Timing belt wrote: Then their is a school of thought that the stock market and other asset valuations are correct as the world embraces lower yields thanks to higher prices for assets. If this is correct then anyone that is not in a defined benefit pension is going to get totally screwed come retirement. Although I don't think this is the case I can see the logic behind it when it comes to Blue chip companies, property etc. as their is still a basis for the valuation.
Timing belt wrote: Where there is no logic is in relation to the investors moving away from looking at yield and purely looking at capital appreciation such as in IT stocks. We saw this happen in the dot.com era and we are seeing it again. The Financial institutions are delighted to see it as they know what is happening and already have their exit strategy whilst the man on the street comes to the party looking for the 70/80% return like his friends got from investing in the stock.

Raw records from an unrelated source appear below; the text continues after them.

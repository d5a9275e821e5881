-- ===== src/Pack/Outcome.antt =====
-- What the steps of an extraction lead to: `E` of the tree after an error, `Q` of it after a success.
use agentreg.Base.{
  ℕ, zero, suc, ◌+◌, ◌≤◌, Text, ◌==◌, List, [], ◌∷◌, Result, ok, err, Error, length, arith,
  if◌then◌else◌, Bool, Bool-cases, inl, inr, All, ◌≡◌, refl, true, false, Option, none, some,
}
use agentreg.Pack.Extract.{
  Disk, File, Fault, D, ◌>>=◌, continue, done, stop, call, call_at, next_fault, past_fault, take,
  put_file, drop_file, opened,
}

module _ (E : Disk → Type 0) where
  abbrev pub Leads : {A : Type 0} → (A → Disk → Type 0) → Result A × Disk → Type 0
  Leads Q (ok a, d) = Q a d
  Leads Q (err e, d) = E d

  -- From a tree with `P`, `m` leads to `Q` or an error with `E`.
  pub record Makes {A : Type 0} (P : Disk → Type 0) (m : D A) (Q : A → Disk → Type 0) : Type 0 where
    pub at : (d : Disk) → P d → Leads Q (m d)

  module _ {A B : Type 0} where
    continue-Leads :
        (Q : A → Disk → Type 0) (R : B → Disk → Type 0) (r : Result A) (d : Disk) (f : A → D B)
        → Leads Q (r, d)
        → ((a : A) → Makes (Q a) (f a) R)
        → Leads R (continue r f d)
    continue-Leads Q R (ok a) d f h k = (k a).at d h
    continue-Leads Q R (err e) d f h k = h

    pub Makes-bind :
        (P : Disk → Type 0) (Q : A → Disk → Type 0) (R : B → Disk → Type 0) {m : D A} {f : A → D B}
        → Makes P m Q
        → ((a : A) → Makes (Q a) (f a) R)
        → Makes P (m >>= f) R
    unfolding ◌>>=◌
    Makes-bind P Q R {m} {f} h k = record {
      at = λ d p. continue-Leads Q R (m d).0 (m d).1 f (h.at d p) k;
    }

  module _ {A : Type 0} where
    pub Makes-done : (Q : A → Disk → Type 0) (a : A) → Makes (Q a) (done a) Q
    unfolding done
    Makes-done Q a = record { at = λ d h. h }

    pub Makes-stop :
        (P : Disk → Type 0) (Q : A → Disk → Type 0) (e : Error)
        → ((d : Disk) → P d → E d)
        → Makes P (stop e) Q
    unfolding stop
    Makes-stop P Q e f = record { at = f }

    pub Makes-if :
        (b : Bool) (P : Disk → Type 0) (Q : A → Disk → Type 0) {m k : D A}
        → (b ≡ true → Makes P m Q)
        → (b ≡ false → Makes P k Q)
        → Makes P (if b then m else k) Q
    Makes-if true P Q h i = h refl
    Makes-if false P Q h i = i refl

  pub Makes-call :
      (P : Disk → Type 0) (Q : Disk → Type 0) (f : Disk → Disk)
      → ((d : Disk) → P d → E (past_fault d))
      → ((d : Disk) → P d → Q (f (past_fault d)))
      → Makes P (call f) (λ _. Q)
  unfolding call
  Makes-call P Q f h k = record { at = λ d p. at_fault d p (next_fault d) }
    where
      at_fault :
          (d : Disk)
          → P d
          → (o : Option Fault) → Leads (λ (_ : Unit {0}). Q) (call_at o f (past_fault d))
      at_fault d p none = k d p
      at_fault d p (some e) = h d p

-- The bytes of all files.
unfoldable pub size : List (Text × File) → ℕ
size [] = 0
size ((p, f) ∷ fs) = length f.content + size fs

pub size-put_file :
    (p : Text) (f : File) (fs : List (Text × File))
    → size (put_file p f fs) ≤ size fs + length f.content
unfolding size put_file
size-put_file p f [] = omega arith
size-put_file p f ((q, g) ∷ fs) = ground (arith, size-put_file p f fs)

pub size-drop_file : (p : Text) (fs : List (Text × File)) → size (drop_file p fs) ≤ size fs
unfolding size drop_file
size-drop_file p [] = omega arith
size-drop_file p ((q, g) ∷ fs) = ground (arith, size-drop_file p fs)

pub length-take : (n : ℕ) (s : Text) → length (take n s) ≤ n
unfolding take
length-take zero s = omega arith
length-take (suc n) [] = omega arith
length-take (suc n) (c ∷ s) = omega (arith, length-take n s)

pub length-take-take : (m n : ℕ) (s : Text) → length (take m (take n s)) ≤ n
unfolding take
length-take-take zero n s = omega arith
length-take-take (suc m) zero s = omega arith
length-take-take (suc m) (suc n) [] = omega arith
length-take-take (suc m) (suc n) (c ∷ s) = omega (arith, length-take-take m n s)

pub opened-content : (o : Option (Text × File)) (mode : ℕ) → (opened o mode).content ≡ []
opened-content none mode = refl
opened-content (some (p, f)) mode = refl

module _ (P : Text → Type 0) where
  pub put_file-All :
      (p : Text) (f : File) (fs : List (Text × File))
      → P p
      → All (λ x. P x.0) fs
      → All (λ x. P x.0) (put_file p f fs)
  unfolding put_file
  put_file-All p f [] h k = (h, tt)
  put_file-All p f ((q, g) ∷ fs) h k = elim (Bool-cases (q == p)) [
    | inl e ↦ rw e (h, k.1)
    | inr e ↦ rw e (k.0, put_file-All p f fs h k.1)
  ]

  pub drop_file-All :
      (p : Text) (fs : List (Text × File)) → All (λ x. P x.0) fs → All (λ x. P x.0) (drop_file p fs)
  unfolding drop_file
  drop_file-All p [] k = tt
  drop_file-All p ((q, g) ∷ fs) k = elim (Bool-cases (q == p)) [
    | inl e ↦ rw e k.1
    | inr e ↦ rw e (k.0, drop_file-All p fs k.1)
  ]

Timing belt wrote: » No they also talk about a reduction in supply brought about by covid.
Graham wrote: » Do they say the drop in demand will be enough for supply to finally meet demand?
Timing belt wrote: » Noting it is to distract you from the point that they say there might be a drop in demand:eek::eek:
Timing belt wrote: » There is also another slide that all you property bears will like where they say they expect a drop in demand..... but don't look at that instead look at the 40% of property being non-mortgage transactions :D:D:D:D:D
HotDudeLife wrote: » So your sole rationale to think 2nd hand prices won't drop is the shared equity scheme on new builds causing prices across the board in general. Well that's...very tunnel visioned. What about tonnes of other macro and micro indicators, global recession, thousands of businesses going under, reduced consumer confidence to name a few? My prediction was second hand property will start to drop roughly 3 months after the economy full reopens and government support payments to both businesses and individuals are withdrawn. When i initially made that prediction i thought the economy will reopen in June/July and thus we will see drops in October, i still stand by that prediction that prices will drop 3 months after the economy reopens but i'm now doubtful on when that will happen.